Contrary to the defendant's contention, we find that the hearsay statements of the government informant contained in the affidavits, including significant information concerning the defendant's modus operandi, see Illinois v. Gates, 462 U.S. 213, 103 S. Ct. 2317, 2326, 76 L. Ed. 2d 527 (1983), were amply corroborated through independent investigation. Most importantly, the informant told DEA agents that he overheard the defendant agreeing to deliver a quantity of cocaine (perhaps referred to by a recognized nickname in the drug underworld) from his residence in Arlington to the Hampton Toll Plaza around noon on December 14, 1982. On that date, affiants observed the defendant enter his car parked at his residence in Arlington carrying a brown paper package and drive to the Hampton Toll Plaza, arriving there shortly before noon. This type of independent corroboration of information, relayed by the informant in detail and stating the basis for his knowledge, together with the assertions of affiants that the informant had proved reliable in the past, were sufficient to support a finding of probable cause. See Aguilar v. Texas, 378 U.S. 108, 114, 12 L. Ed. 2d 723, 84 S. Ct. 1509 (1964); Jones v. United States, 362 U.S. 257, 271, 4 L. Ed. 2d 697, 80 S. Ct. 725 (1960); United States v. Sclamo, 578 F.2d 888, 890 (1st Cir. 1978).
Finally, the defendant contends that his sentence, although within the limits set by the Drug Control Act, was unconstitutionally excessive. The role of a court reviewing a sentence determination is narrowly circumscribed. The reviewing court may overturn a sentence only when it exceeds the statutory limit, see United States v. Fontanez, 628 F.2d 687, 691 (1st Cir. 1980), cert. denied, 450 U.S. 935, 67 L. Ed. 2d 371, 101 S. Ct. 1401 (1981), or is so disproportionate to the offense for which it was imposed that it constitutes cruel and unusual punishment, see Solem v. Helm, 463 U.S. 277, 103 S. Ct. 3001, 3009, 77 L. Ed. 2d 637 (1983). We find that the defendant's sentence neither exceeds the statutory limit, see 21 U.S.C. § 841(b)(1)(A) (1982), nor constitutes cruel and unusual punishment.

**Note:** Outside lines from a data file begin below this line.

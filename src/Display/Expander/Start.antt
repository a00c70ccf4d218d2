-- ===== src/Display/Expander/Start.antt =====
-- The display after `lcdinit`.
use ri_mms_linux.Prelude.{
  ℕ, ◌≡◌, refl, arith, Bool, true, false, List, [], Option, none, some, replicate, length-replicate,
  inl, if◌then◌else◌,
}
use ri_mms_linux.Prelude.Int.{ℤ, pos, negsuc, ◌-ℤ◌}
use ri_mms_linux.Ring.Queue.{IsRing}
use ri_mms_linux.Display.{maxdisplaybuffer}
use ri_mms_linux.Display.Gest.{Display}
use ri_mms_linux.Display.Gest.Scrolling.{IsScrolling}
use ri_mms_linux.Display.Expander.{Bus, backlight, lcd_commands, lcdinit}

-- What a call that succeeds gives.
pub record Starts (d : Display) : Type 0 where
  pub queue : IsRing maxdisplaybuffer d.queue
  pub empty : (d.queue).count ≡ 0
  pub scrolling : IsScrolling d
  pub free : d.displaybusy ≡ false
  pub idle : d.displaynewmsg ≡ false

started-Starts :
    (d : Display) (time : ℤ)
    → d.len ≡ 0
    → d.tmpbuffer ≡ []
    → Starts (record d {
      queue = record { cells = replicate maxdisplaybuffer 0; count = 0; inp = 0; out = 0 };
      displaynewmsg = false;
      timerdisplay = time;
      displaybusy = false;
    })
started-Starts d time e e' = record {
  queue = record {
    sized = length-replicate {A = ℕ} maxdisplaybuffer 0;
    inp_in = omega arith;
    out_in = omega arith;
    count_in = omega arith;
    placed = inl refl;
  };
  empty = refl;
  scrolling = record {
    counted = rw e (rw e' refl);
    short = omega (arith, e);
    within = λ long. absurd (omega (arith, e, long));
  };
  free = refl;
  idle = refl;
}

-- `lcdinit` returns 0 only with an empty queue that is well formed, no message, no text that scrolls
-- and `displaybusy` clear, if the two static locals of `GestDisplay` are as the program starts.
pub lcdinit-Starts :
    (bus : Bus) (d : Display)
    → d.len ≡ 0
    → d.tmpbuffer ≡ []
    → (lcdinit bus d).0 ≡ pos 0
    → Starts (lcdinit bus d).2
unfolding lcdinit
lcdinit-Starts bus d e e' =
    by_tests bus.display_opens bus.expander_opens bus.init_writes bus.memory
      (backlight 0 bus.byte bus.light_writes).0 (dark_by (backlight 0 bus.byte bus.light_writes).1)
      (dark_len (backlight 0 bus.byte bus.light_writes).1)
      (dark_text (backlight 0 bus.byte bus.light_writes).1)
  where
    dark_by : Option ℕ → Display
    dark_by written = elim written [ none ↦ d | some byte ↦ record d { backlight = false } ]

    dark_len : (o : Option ℕ) → (dark_by o).len ≡ 0
    dark_len none = e
    dark_len (some byte) = e

    dark_text : (o : Option ℕ) → (dark_by o).tmpbuffer ≡ []
    dark_text none = e'
    dark_text (some byte) = e'

    outcome : Bool → Bool → Bool → Bool → ℤ → Display → ℤ × List ℕ × Display
    outcome opens expands writes memory lit dark =
        if opens
        then (if expands
            then (if writes
                then elim lit [
                  | negsuc n ↦ (negsuc 0, lcd_commands, dark)
                  | pos n ↦
                      if memory
                      then (
                        pos 0,
                        lcd_commands,
                        record dark {
                          queue = record {
                            cells = replicate maxdisplaybuffer 0;
                            count = 0;
                            inp = 0;
                            out = 0;
                          };
                          displaynewmsg = false;
                          timerdisplay = bus.time -ℤ pos 9;
                          displaybusy = false;
                        },
                      )
                      else (negsuc 0, lcd_commands, dark)
                ]
                else (negsuc 0, lcd_commands, d))
            else (negsuc 0, [], d))
        else (negsuc 0, [], d)

    by_tests :
        (opens expands writes memory : Bool) (lit : ℤ) (dark : Display)
        → dark.len ≡ 0
        → dark.tmpbuffer ≡ []
        → (outcome opens expands writes memory lit dark).0 ≡ pos 0
        → Starts (outcome opens expands writes memory lit dark).2
    by_tests true true true true (pos n) dark l t h = started-Starts dark (bus.time -ℤ pos 9) l t
    by_tests true true true false (pos n) dark l t h = absurd (ground (arith, h))
    by_tests true true true memory (negsuc n) dark l t h = absurd (ground (arith, h))
    by_tests true true false memory lit dark l t h = absurd (ground (arith, h))
    by_tests true false writes memory lit dark l t h = absurd (ground (arith, h))
    by_tests false expands writes memory lit dark l t h = absurd (ground (arith, h))
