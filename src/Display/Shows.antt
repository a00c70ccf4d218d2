-- ===== src/Display/Shows.antt =====
-- What the instructions of `WriteToDisplay` put on the display.
use ri_mms_linux.Prelude.{
  ℕ, ◌+◌, ◌≤◌, ◌≡◌, ◌≢◌, refl, sym, ap, ◌∙◌, arith, false, List, [], ◌∷◌, ◌++◌, length,
  length-append, append_assoc, set, set-append, ltb, ◌==◌, ==_self, ==_iff, ==_of_ne, Bool-cases,
  inl, inr, if◌then◌else◌,
}
use mathlib.Core.Path.{subst}
use ri_mms_linux.Display.Panel.{
  Instruction, cursor, put_char, lcdsetcurpos, write_line, keep_line, Panel, write_to_display,
}

-- A display: its lines, and the position of the next character, which moves right with each one.
pub record Screen : Type 0 where
  pub line_of : ℕ → List ℕ
  pub at_x : ℕ
  pub at_y : ℕ

abbrev pub show_one : Instruction → Screen → Screen
show_one (cursor x y) s = record s { at_x = x; at_y = y }
show_one (put_char c) s = record s {
  line_of = λ k. if k == s.at_y then set (s.line_of k) s.at_x c else s.line_of k;
  at_x = s.at_x + 1;
}

abbrev pub show : List Instruction → Screen → Screen
show [] s = s
show (i ∷ is) s = show is (show_one i s)

pub show-append : (is js : List Instruction) (s : Screen) → show (is ++ js) s ≡ show js (show is s)
show-append [] js s = refl
show-append (i ∷ is) js s = show-append is js (show_one i s)

-- A character put on the display.
abbrev put_at : ℕ → ℕ → ℕ → Screen → Screen
put_at x y c s = show_one (put_char c) (show_one (cursor x y) s)

module _ (y : ℕ) where
  write_line-same :
      (x c : ℕ) (line mem : List ℕ)
      → write_line y x (c ∷ line) (c ∷ mem) ≡ write_line y (x + 1) line mem
  unfolding write_line
  write_line-same x c line mem = rw (==_self c) refl

  write_line-other :
      (x c d : ℕ) (line mem : List ℕ)
      → y ≤ 1
      → x ≤ 15
      → (c == d) ≡ false
      → write_line y x (c ∷ line) (d ∷ mem)
        ≡ cursor x y ∷ put_char c ∷ write_line y (x + 1) line mem
  unfolding write_line lcdsetcurpos
  write_line-other x c d line mem low left other =
      let low' : ltb 1 y ≡ false = ground arith in
      let left' : ltb 15 x ≡ false = ground arith in rw other (rw low' (rw left' refl))

  line_of-put_at :
      (done mem : List ℕ) (c d : ℕ) (s : Screen)
      → s.line_of y ≡ done ++ (d ∷ mem)
      → (put_at (length done) y c s).line_of y ≡ (done ++ (c ∷ [])) ++ mem
  line_of-put_at done mem c d s e = rw (==_self y, e) (set-append done d mem c)

  write_line-last : (x z : ℕ) → write_line y x (z ∷ []) (z ∷ []) ≡ []
  unfolding write_line
  write_line-last x z = rw (==_self z) refl

  -- The line `y` of the display is `text`, the other lines are as on `before`.
  record Shows (text : List ℕ) (before now : Screen) : Type 0 where
    here : now.line_of y ≡ text
    others : (k : ℕ) → k ≢ y → now.line_of k ≡ before.line_of k

  put_at-Shows :
      (text : List ℕ) (x c : ℕ) (s now : Screen)
      → Shows text (put_at x y c s) now
      → Shows text s now
  put_at-Shows text x c s now w = record {
    here = w.here;
    others = λ k other. w.others k other ∙ rw (==_of_ne k y other) refl;
  }

  -- The last cell, at column 16, is not on the display; it must not differ.
  write_line-Shows :
      (line mem done : List ℕ) (z : ℕ) (s : Screen)
      → y ≤ 1
      → length line ≡ length mem
      → length done + length line ≤ 16
      → s.line_of y ≡ done ++ mem
      → Shows
          (done ++ line)
          s
          (show (write_line y (length done) (line ++ (z ∷ [])) (mem ++ (z ∷ []))) s)
  write_line-Shows [] [] done z s low same fits e =
      subst (λ t. Shows (done ++ []) s (show t s)) (sym (write_line-last (length done) z))
        (record { here = e; others = λ k other. refl })
  write_line-Shows [] (d ∷ mem) done z s low same fits e = absurd (omega arith)
  write_line-Shows (c ∷ line) [] done z s low same fits e = absurd (omega arith)
  write_line-Shows (c ∷ line) (d ∷ mem) done z s low same fits e =
      let lined = line ++ (z ∷ []) in
      let kept = mem ++ (z ∷ []) in
      let longer : length (done ++ (c ∷ [])) ≡ length done + 1 =
        omega (arith, length-append done (c ∷ [])) in
      let onwards : (t : Screen)
          → t.line_of y ≡ (done ++ (c ∷ [])) ++ mem
          → Shows (done ++ (c ∷ line)) t (show (write_line y (length done + 1) lined kept) t) =
        λ t e'.
          subst (λ text. Shows text t (show (write_line y (length done + 1) lined kept) t))
            (append_assoc done (c ∷ []) line)
            (subst (λ n. Shows ((done ++ (c ∷ [])) ++ line) t (show (write_line y n lined kept) t))
              longer
              (write_line-Shows line mem (done ++ (c ∷ [])) z t low (omega arith) (omega arith)
                e')) in
      elim (Bool-cases (c == d)) [
        | inl equal ↦
            let eq : c ≡ d = (==_iff c d).0 equal in
            subst (λ t. Shows (done ++ (c ∷ line)) s (show t s))
              (sym (
                subst
                  (λ d'.
                    write_line y (length done) (c ∷ lined) (d' ∷ kept)
                    ≡ write_line y (length done + 1) lined kept)
                  eq (write_line-same (length done) c lined kept)))
              (onwards s
                (e ∙ ap (λ b. done ++ (b ∷ mem)) (sym eq) ∙ sym (append_assoc done (c ∷ []) mem)))
        | inr other ↦
            subst (λ t. Shows (done ++ (c ∷ line)) s (show t s))
              (sym (write_line-other (length done) c d lined kept low (omega arith) other))
              (put_at-Shows (done ++ (c ∷ line)) (length done) c s _
                (onwards (put_at (length done) y c s) (line_of-put_at done mem c d s e)))
      ]

  write_line-nothing : (x : ℕ) (line : List ℕ) → write_line y x line line ≡ []
  unfolding write_line
  write_line-nothing x [] = refl
  write_line-nothing x (c ∷ line) = rw (==_self c) (write_line-nothing (x + 1) line)

keep_line-line : (line mem : List ℕ) → length line ≡ length mem → keep_line line mem ≡ line
unfolding keep_line
keep_line-line [] [] same = refl
keep_line-line [] (d ∷ mem) same = absurd (omega arith)
keep_line-line (c ∷ line) [] same = absurd (omega arith)
keep_line-line (c ∷ line) (d ∷ mem) same =
    let first : (if c == d then d else c) ≡ c = ground arith in
    rw first (ap (λ t. c ∷ t) (keep_line-line line mem (omega arith)))

-- A panel with these lines, of 16 characters and a last cell that nothing has changed.
abbrev pub panel_of : List ℕ → List ℕ → List ℕ → List ℕ → ℕ → ℕ → Panel
panel_of upper lower mem_upper mem_lower z w = record {
  upper = upper ++ (z ∷ []);
  lower = lower ++ (w ∷ []);
  mem_upper = mem_upper ++ (z ∷ []);
  mem_lower = mem_lower ++ (w ∷ []);
}

-- From a display that shows what `displaymemline1` says, the instructions of `WriteToDisplay` make
-- one that shows the two lines of `displayline1`, whatever they were; and a second call sends
-- nothing. The lines have 16 characters, and their 17th cells, which are not on the display, must
-- not differ.
pub write_to_display-shown :
    (upper lower mem_upper mem_lower : List ℕ) (z w : ℕ) (s : Screen)
    → length upper ≡ 16
    → length lower ≡ 16
    → length mem_upper ≡ 16
    → length mem_lower ≡ 16
    → s.line_of 0 ≡ mem_upper
    → s.line_of 1 ≡ mem_lower
    → ((show (write_to_display (panel_of upper lower mem_upper mem_lower z w)).0 s).line_of 0
        ≡ upper)
      × ((show (write_to_display (panel_of upper lower mem_upper mem_lower z w)).0 s).line_of 1
          ≡ lower)
      × ((write_to_display (write_to_display (panel_of upper lower mem_upper mem_lower z w)).1).0
          ≡ [])
unfolding write_to_display
write_to_display-shown u l mu ml z w s lu ll lmu lml e0 e1 =
    let first = write_line-Shows 0 u mu [] z s (omega arith) (omega arith) (omega arith) e0 in
    let s1 = show (write_line 0 0 (u ++ (z ∷ [])) (mu ++ (z ∷ []))) s in
    let second =
      write_line-Shows 1 l ml [] w s1 (omega arith) (omega arith) (omega arith)
        (first.others 1 (λ h. absurd (omega arith)) ∙ e1) in
    let both =
      show-append (write_line 0 0 (u ++ (z ∷ [])) (mu ++ (z ∷ [])))
        (write_line 1 0 (l ++ (w ∷ [])) (ml ++ (w ∷ []))) s in
    let kept_upper =
      keep_line-line (u ++ (z ∷ [])) (mu ++ (z ∷ []))
        (omega (arith, length-append u (z ∷ []), length-append mu (z ∷ []))) in
    let kept_lower =
      keep_line-line (l ++ (w ∷ [])) (ml ++ (w ∷ []))
        (omega (arith, length-append l (w ∷ []), length-append ml (w ∷ []))) in
    (
      ap (λ (t : Screen). t.line_of 0) both
          ∙ second.others 0 (λ h. absurd (omega arith))
          ∙ first.here,
      ap (λ (t : Screen). t.line_of 1) both ∙ second.here,
      ap
            (λ m.
              write_line 0 0 (u ++ (z ∷ [])) m
              ++ write_line 1 0 (l ++ (w ∷ [])) (keep_line (l ++ (w ∷ [])) (ml ++ (w ∷ []))))
            kept_upper
          ∙ ap
              (λ m.
                write_line 0 0 (u ++ (z ∷ [])) (u ++ (z ∷ [])) ++ write_line 1 0 (l ++ (w ∷ [])) m)
              kept_lower
          ∙ rw (write_line-nothing 0 0 (u ++ (z ∷ [])), write_line-nothing 1 0 (l ++ (w ∷ [])))
              refl,
    )

-- After a call both copies of the lines agree.
pub write_to_display-kept :
    (upper lower mem_upper mem_lower : List ℕ) (z w : ℕ)
    → length upper ≡ length mem_upper
    → length lower ≡ length mem_lower
    → (write_to_display (panel_of upper lower mem_upper mem_lower z w)).1
      ≡ panel_of upper lower upper lower z w
unfolding write_to_display
write_to_display-kept u l mu ml z w same_u same_l =
    let kept_upper =
      keep_line-line (u ++ (z ∷ [])) (mu ++ (z ∷ []))
        (omega (arith, length-append u (z ∷ []), length-append mu (z ∷ []))) in
    let kept_lower =
      keep_line-line (l ++ (w ∷ [])) (ml ++ (w ∷ []))
        (omega (arith, length-append l (w ∷ []), length-append ml (w ∷ []))) in
    rw (kept_upper, kept_lower) refl
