-- ===== src/Display/Write.antt =====
-- `WriteDisplay` of sw/display.c, which writes a text to the display at once, `InitKeyboard` and
-- `GetKeybStatus` of sw/keyboard.c, and the texts that `main` leaves on the display (sw/main.c).
pub mod Lines
pub mod Farewell
pub mod Busy
use ri_mms_linux.Prelude.{
  ℕ, ◌+◌, Bool, true, false, not, ◌&&◌, List, [], ◌∷◌, ◌++◌, length, ltb, ◌==◌, codes,
  if◌then◌else◌,
}
use ri_mms_linux.Prelude.Int.{ℤ, pos, negsuc}
use ri_mms_linux.Log.Tags.{store_text}
use ri_mms_linux.Display.Panel.{Instruction, Panel, write_to_display}
use ri_mms_linux.Display.Gest.{Display, clear_line}

-- `struct _keyboard` of sw/keyboard.h, as far as code reads or writes it.
pub record Keyboard : Type 0 where
  pub enable : Bool
  pub menulevel : ℕ
  pub menuindex : ℕ
  pub filtersw1 : ℕ
  pub filtersw2 : ℕ
  pub filtersw3 : ℕ
  pub filtersw4 : ℕ

-- `InitKeyboard` leaves `enable` alone.
abbrev pub init_keyboard : Keyboard → Keyboard
init_keyboard k = record k {
  menulevel = 0;
  menuindex = 0;
  filtersw1 = 0;
  filtersw2 = 0;
  filtersw3 = 0;
  filtersw4 = 0;
}

-- `GetKeybStatus`: whether a menu is open.
abbrev pub get_keyb_status : Keyboard → Bool
get_keyb_status k = ltb 0 k.menulevel

-- What a call finds: the keyboard, `GetAlim`, and whether another thread clears `displaybusy` while
-- it waits.
pub record Meets : Type 0 where
  pub keyboard : Keyboard
  pub alim : Bool
  pub freed : Bool

pub data Written : Type 0 where
  -- the result, and what is sent to the display
  returns : ℤ → List Instruction → Display → Written
  -- a write outside of `displayline1` or of `tmp[35]`
  overruns : Written

abbrev pub line_at : ℕ → Panel → List ℕ
line_at y p = if y == 0 then p.upper else p.lower

abbrev pub put_line : ℕ → List ℕ → Panel → Panel
put_line y line p = if y == 0 then record p { upper = line } else record p { lower = line }

-- With the display taken, on a line that is there: `displayline1[y]` is cleared before the length is
-- looked at, and a text that does not fit leaves `displaybusy` set.
unfoldable pub write_taken : Bool → ℕ → ℕ → List ℕ → Display → Written
write_taken alim x y text d =
    let cleared = clear_line (line_at y d.panel) in
    let panel = put_line y (store_text cleared x text) d.panel in
    let sent = write_to_display panel in
    let lit = if alim then true else d.backlight in
    if ltb 16 (length text + x)
    then returns (negsuc 0) [] (record d { panel = put_line y cleared d.panel; displaybusy = true })
    else if d.displaygest
    then returns (pos 0) [] (record d { panel = panel; backlight = lit; displaybusy = false })
    else returns (pos 0) sent.0 (record d { panel = sent.1; backlight = lit; displaybusy = false })

-- `WriteDisplay(x, y, str, …)`, where `text` is what `vsprintf` makes of `str` and the arguments.
unfoldable pub write_display : Meets → ℕ → ℕ → List ℕ → List ℕ → Display → Written
write_display meets x y str text d =
    if get_keyb_status meets.keyboard
    then returns (pos 1) [] d
    else if ltb 16 (length str)
    then returns (negsuc 0) [] d
    else if d.displaybusy && not meets.freed
    then returns (negsuc 0) [] d
    else if ltb 1 y
    then overruns
    else if ltb 34 (length text)
    then overruns
    else write_taken meets.alim x y text d

abbrev pub then_write : Written → (Display → Written) → Written
then_write (returns code sent d) next = elim (next d) [
  | returns code' sent' d' ↦ returns code' (sent ++ sent') d'
  | overruns ↦ overruns
]
then_write overruns next = overruns

-- The end of `main`: no result is looked at.
abbrev pub stopped_text : List ℕ
stopped_text = codes "Centralina ferma"

abbrev pub blank_text : List ℕ
blank_text = codes "                "

abbrev pub reboot_text : List ℕ
reboot_text = codes "Riavvio sistema "

abbrev pub shutdown_text : List ℕ
shutdown_text = codes "Arresto sistema "

unfoldable pub show_farewell : Meets → Bool → Bool → Display → Written
show_farewell meets flagrebootsystem flagpoweroffsystem d =
    let stopped =
      then_write (write_display meets 0 0 stopped_text stopped_text d)
        (write_display meets 0 1 blank_text blank_text) in
    if flagrebootsystem
    then then_write stopped (write_display meets 0 1 reboot_text reboot_text)
    else if flagpoweroffsystem
    then then_write stopped (write_display meets 0 1 shutdown_text shutdown_text)
    else stopped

* Of the Seventh Circuit, sitting by designation.
1. Eight circuits have addressed some form of a cocaine isomer defense claim. See United States v. Ross, 719 F.2d 615, 617-618 (2d Cir. 1983); United States v. Kolenda, 697 F.2d 149, 149-50 (6th Cir. 1983); United States v. Fince, 670 F.2d 1356, 1357-58 (4th Cir.), cert. denied, 456 U.S. 982, 72 L. Ed. 2d 860, 102 S. Ct. 2254 (1982); United States v. Posey, 647 F.2d 1048, 1050-51 (10th Cir. 1981); United States v. Luschen, 614 F.2d 1164, 1168-70 (8th Cir.), cert. denied, 446 U.S. 939, 100 S. Ct. 2161, 64 L. Ed. 2d 793 (1980); United States v. Bockius, 564 F.2d 1193, 1194-95 (5th Cir. 1977); United States v. Hall, 552 F.2d 273, 274-76 (9th Cir. 1977); United States v. Orzechowski, 547 F.2d 978, 980-83 (7th Cir. 1976), cert. denied, 431 U.S. 906, 52 L. Ed. 2d 391, 97 S. Ct. 1701 (1977). See also United States v. Haro-Espinosa, 619 F.2d 789, 795 (9th Cir. 1979); United States v. Rosado-Fernandez, 614 F.2d 50, 53-54 (5th Cir. 1980); United States v. Ortiz, 610 F.2d 280, 281-82 (5th Cir.), cert. denied, 445 U.S. 930, 63 L. Ed. 2d 764, 100 S. Ct. 1320 (1980); United States v. Umentum, 547 F.2d 987, 992-93 (7th Cir. 1976), cert. denied, 430 U.S. 983, 52 L. Ed. 2d 376, 97 S. Ct. 1677 (1977). Only the Second Circuit, however, has overturned a conviction on the basis of the defense. United States v. Ross, supra, slip op. at 6950.